Я нагладил парадные брюки, рубашку и пошёл побродить по судну. Не сидится! Завтра — в Токио!
В кают-компании команда смотрела японский телефильм.
Вдруг фильм прервался. По экрану покатились бутылки с соком. Рядом с ними возник пухлый малыш. Он стал пить сок и превращаться в могучего белозубого японца. Реклама. Это мне уже случалось видеть не раз. Я вышел на палубу.
Краны молчали. У грузчиков начинался ужин. Они сидели на корточках у стены пакгауза и быстро ели из пластмассовых коробок палочками рис или ловко макали в коричневую соевую подливу листья морской капусты, деловито отправляли их в рот и от удовольствия покачивали головой. Кто приправлял свой ужин кусочками рыбы, кто ракушками.

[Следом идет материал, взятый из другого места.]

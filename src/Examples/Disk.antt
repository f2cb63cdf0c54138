-- ===== src/Examples/Disk.antt =====
-- A disk in memory, whose offset store is a register beside the sectors, and a block cipher that
-- complements each byte.
use native.Mathlib.Nat.{mul-div_cancel}
use volumecrypt_kit.Prelude.{
  ℕ, ◌+◌, ◌-◌, ◌*◌, ◌/◌, ◌≤◌, ◌<◌, ◌≡◌, ◌⊎◌, inl, inr, refl, sym, ap, ◌∙◌, Bool, true, false, ◌&&◌,
  List, [], ◌∷◌, map, arith, ltb, leb, ◌==◌, if◌then◌else◌, length, take, drop, replicate, All,
  All-take, All-drop, All-replicate, length-take, length-drop, length-replicate, length-map,
  Bool-cases,
}
use volumecrypt_kit.Prelude.Bytes.{IsByte, IsSector, gather}
use volumecrypt_kit.Error.{VckResult, ok, err}
use volumecrypt_kit.Types.{VolumeState, EncryptedOffset}
use volumecrypt_kit.Device.{SectorIo, IsDevice, OffsetStore, KeepsData}
use volumecrypt_kit.Engine.Reliable.{Reliable}
use volumecrypt_kit.Cipher.{VolumeCipher, IsCipher}
use volumecrypt_kit.Xts.{BlockCipher, IsBlockCipher, xts_cipher, batch_loop, scalar_tail}
use volumecrypt_kit.Xts.Batch.{batch_loop-scalar_tail}
use volumecrypt_kit.Xts.Area.{xts_cipher-IsCipher}

pub record Disk : Type 0 where
  pub contents : ℕ → List ℕ
  pub saved : EncryptedOffset
  pub direction : VolumeState

abbrev pub all_bytes : List ℕ → Bool
all_bytes [] = true
all_bytes (b ∷ bs) = ltb b 256 && all_bytes bs

-- A sector that is not whole reads as zeros.
abbrev pub whole_or_zero : ℕ → List ℕ → List ℕ
whole_or_zero ss s = if (length s == ss) && all_bytes s then s else replicate ss 0

all_bytes-All : (s : List ℕ) → all_bytes s ≡ true → All IsByte s
all_bytes-All [] h = tt
all_bytes-All (b ∷ bs) h = (ground arith, all_bytes-All bs (ground arith))

All-all_bytes : (s : List ℕ) → All IsByte s → all_bytes s ≡ true
All-all_bytes [] h = refl
All-all_bytes (b ∷ bs) (lt, h) = ground (arith, All-all_bytes bs h)

whole_or_zero-whole : (ss : ℕ) (s : List ℕ) → IsSector ss (whole_or_zero ss s)
whole_or_zero-whole ss s = elim (Bool-cases ((length s == ss) && all_bytes s)) [
  | inl fits ↦ rw fits (ground arith, all_bytes-All s (ground arith))
  | inr bad ↦ rw bad (length-replicate ss 0, All-replicate IsByte ss 0 (omega arith))
]

pub whole_or_zero-same : (ss : ℕ) (s : List ℕ) → IsSector ss s → whole_or_zero ss s ≡ s
whole_or_zero-same ss s (l, a) = ground (arith, l, All-all_bytes s a)

abbrev value_or : {A : Type 0} → A → VckResult A → A
value_or a (ok b) = b
value_or a (err _) = a

abbrev pub at : ℕ → Disk → ℕ → List ℕ
at ss d l = whole_or_zero ss (d.contents l)

abbrev pub disk_io : ℕ → SectorIo Disk
disk_io ss = record {
  sector_size = ss;
  total_sectors = 2048;
  read_sectors = λ lba len d. (ok (gather (len / ss) (λ i. at ss d (lba + i))), d);
  write_sectors = λ lba buf d. (
    ok tt,
    record d {
      contents = λ l.
          if leb lba l && ltb l (lba + length buf / ss)
          then take ss (drop ((l - lba) * ss) buf)
          else d.contents l;
    },
  );
}

abbrev pub register : OffsetStore Disk
register = record {
  load = λ d. (ok d.saved, d);
  store = λ o d. (ok tt, record d { saved = o });
  flush = λ d. (ok tt, d);
  load_state = λ d. (ok d.direction, d);
  store_state = λ v d. (ok tt, record d { direction = v });
}

module _ (ss : ℕ) (pos : 0 < ss) where
  written_out :
      (lba n : ℕ) (buf : List ℕ) (d : Disk) (l : ℕ)
      → length buf ≡ n * ss
      → (l < lba) ⊎ (lba + n ≤ l)
      → at ss ((disk_io ss).write_sectors lba buf d).1 l ≡ at ss d l
  written_out lba n buf d l len out =
      let q : length buf / ss ≡ n = rw len (mul-div_cancel n pos) in
      let miss : (leb lba l && ltb l (lba + n)) ≡ false = ground arith in rw (q, miss) refl

  written_in :
      (lba n : ℕ) (buf : List ℕ) (d : Disk) (i : ℕ)
      → length buf ≡ n * ss
      → All IsByte buf
      → i < n
      → at ss ((disk_io ss).write_sectors lba buf d).1 (lba + i) ≡ take ss (drop (i * ss) buf)
  written_in lba n buf d i len bytes lt =
      let q : length buf / ss ≡ n = rw len (mul-div_cancel n pos) in
      let hit : (leb lba (lba + i) && ltb (lba + i) (lba + n)) ≡ true = ground arith in
      let e : lba + i - lba ≡ i = omega arith in
      let room : i * ss + ss ≤ n * ss = grind arith in
      let piece = take ss (drop (i * ss) buf) in
      let whole : IsSector ss piece = (
        omega (arith, length-take ss (drop (i * ss) buf), length-drop (i * ss) buf),
        All-take IsByte ss _ (All-drop IsByte (i * ss) _ bytes),
      ) in
      rw (q, hit, e) (whole_or_zero-same ss piece whole)

  pub disk_io-IsDevice : IsDevice (disk_io ss) (at ss)
  disk_io-IsDevice = record {
    size_pos = pos;
    whole = λ d l. whole_or_zero-whole ss (d.contents l);
    read_keeps = λ lba len d l. refl;
    read_gives = λ lba n d buf r.
        sym (ap (value_or []) r)
        ∙ ap (λ (k : ℕ). gather k (λ i. at ss d (lba + i))) (mul-div_cancel n pos);
    write_frame = λ lba n buf d l len out. written_out lba n buf d l len out;
    write_sets = λ lba n buf d i len bytes _ lt. written_in lba n buf d i len bytes lt;
  }

  pub disk_io-Reliable : Reliable (disk_io ss) register
  disk_io-Reliable = record {
    reads = λ lba len d. (_, refl);
    writes = λ lba buf d. refl;
    stores = λ o d. refl;
    flushes = λ d. refl;
  }

  pub register-KeepsData : (offset total : ℕ) → KeepsData register (at ss) offset total
  register-KeepsData offset total = record {
    store_keeps = λ o d rel lt. refl;
    flush_keeps = λ d l. refl;
    load_state_keeps = λ d l. refl;
    store_state_keeps = λ v d rel lt. refl;
  }

abbrev pub complement : List ℕ → List ℕ
complement s = map (λ b. 255 - b) s

pub complement-twice : (s : List ℕ) → All IsByte s → complement (complement s) ≡ s
complement-twice [] h = refl
complement-twice (b ∷ bs) (lt, h) =
    let e : 255 - (255 - b) ≡ b = omega arith in rw (e, complement-twice bs h) refl

pub complement-bytes : (s : List ℕ) → All IsByte (complement s)
complement-bytes [] = tt
complement-bytes (b ∷ bs) = (omega arith, complement-bytes bs)

abbrev pub toy : BlockCipher
toy = record { encrypt_block = complement; decrypt_block = complement }

pub toy-IsBlockCipher : IsBlockCipher toy
toy-IsBlockCipher = record {
  encrypt_block_whole = λ s w. (length-map _ s ∙ w.0, complement-bytes s);
  decrypt_block_whole = λ s w. (length-map _ s ∙ w.0, complement-bytes s);
  decrypt_block-encrypt_block = λ s w. complement-twice s w.1;
  encrypt_block-decrypt_block = λ s w. complement-twice s w.1;
}

abbrev pub toy_xts : VolumeCipher
toy_xts = xts_cipher toy toy

pub toy_xts-IsCipher : (ss : ℕ) → 0 < ss → IsCipher toy_xts ss
toy_xts-IsCipher ss pos = xts_cipher-IsCipher toy toy toy-IsBlockCipher toy-IsBlockCipher ss pos

xts_cipher_example : IsCipher toy_xts 512
xts_cipher_example =
    xts_cipher-IsCipher toy toy toy-IsBlockCipher toy-IsBlockCipher 512 (omega arith)

batch_loop_example :
    batch_loop toy.encrypt_block 2 9 (replicate 16 1) (replicate 144 7)
    ≡ scalar_tail toy.encrypt_block 9 (replicate 16 1) (replicate 144 7)
batch_loop_example = batch_loop-scalar_tail toy.encrypt_block 2 9 (replicate 16 1) (replicate 144 7)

Небо становилось фиолетовым, поздним. А тишина дальней-дальней — на весь залив.
Из-за пакгауза донёсся звон колокольчика: динь-дон, динь-дон… И на причал въехала маленькая коляска с ящиком. Вёз её невысокий хрупкий паренёк. Рубашка у него была выпущена поверх брюк и раскачивалась в такт шагам… Смотрел он по сторонам нерешительно, даже, казалось, застенчиво. Но вот кто-то из грузчиков окликнул его и подбежал с коробкой в руке.
Мальчик остановился, открыл ящик, из которого дохнуло облачко пара, зачерпнул поварёшкой и положил в коробку порцию лапши. Грузчик бросил мальчику монетку, а тот уже доставал новую порцию: к нему торопился второй грузчик, и от стены поднимался ещё один.
Мальчик положил им тоже и уже решительней окинул взглядом остальных: не хочет ли ещё кто?
Но грузчики больше не обращали на него внимания. Одни прикорнули на часок в проходе на палубе, другие, расстелив газеты, ложились вздремнуть прямо на бетонном причале. И мальчик покатил тележку к другим судам.
— В прошлый раз старик ездил, — сказал кто-то из матросов.
— Может, дед заболел, — предположил вахтенный. — Или просто послал парнишку учиться делу. Жить-то надо! Каникулы… — усмехнулся он. — Идёт поёт: «Лапша, лапша!» И повозка-то называется «Поющая лапша».
Издалека, как однообразная песня, всё доносился тонкий крик мальчика.
Быстро наступил вечер, стало прохладно. Иероглифы на зданиях запылали, как под ветром угли в костре. Вдалеке неоновым сиянием засветился Токио.
Грузчики взялись за работу. А внизу, за трапом, снова раздалось: динь-дон, динь-дон… Мальчик опять толкал свою тележку — в обратную сторону.
Теперь он шёл устало и только изредка всё ещё поглядывал вверх в надежде на случайного покупателя.
Но покупателей не было, и он, согнувшись, шёл дальше.
— Так и будет ездить, пока всё не распродаст, — сказал вахтенный.
Я постоял ещё, прислушиваясь к плеску воды, и отправился в каюту.
Прилёг на койку и стал смотреть в иллюминатор.
Вот засветились на небе несколько звёзд. Потом под резкий заунывный гудок по пакгаузу пробежал синий свет — проехала ночная полицейская машина. Крикнула испуганная чайка и успокоилась.
Только с палубы иногда раздавался мерный скрип троса.
А с причала, то издалека, то совсем рядом, всё слышалось: динь-дон, динь-дон… Как горькая колыбельная, от которой невозможно было уснуть.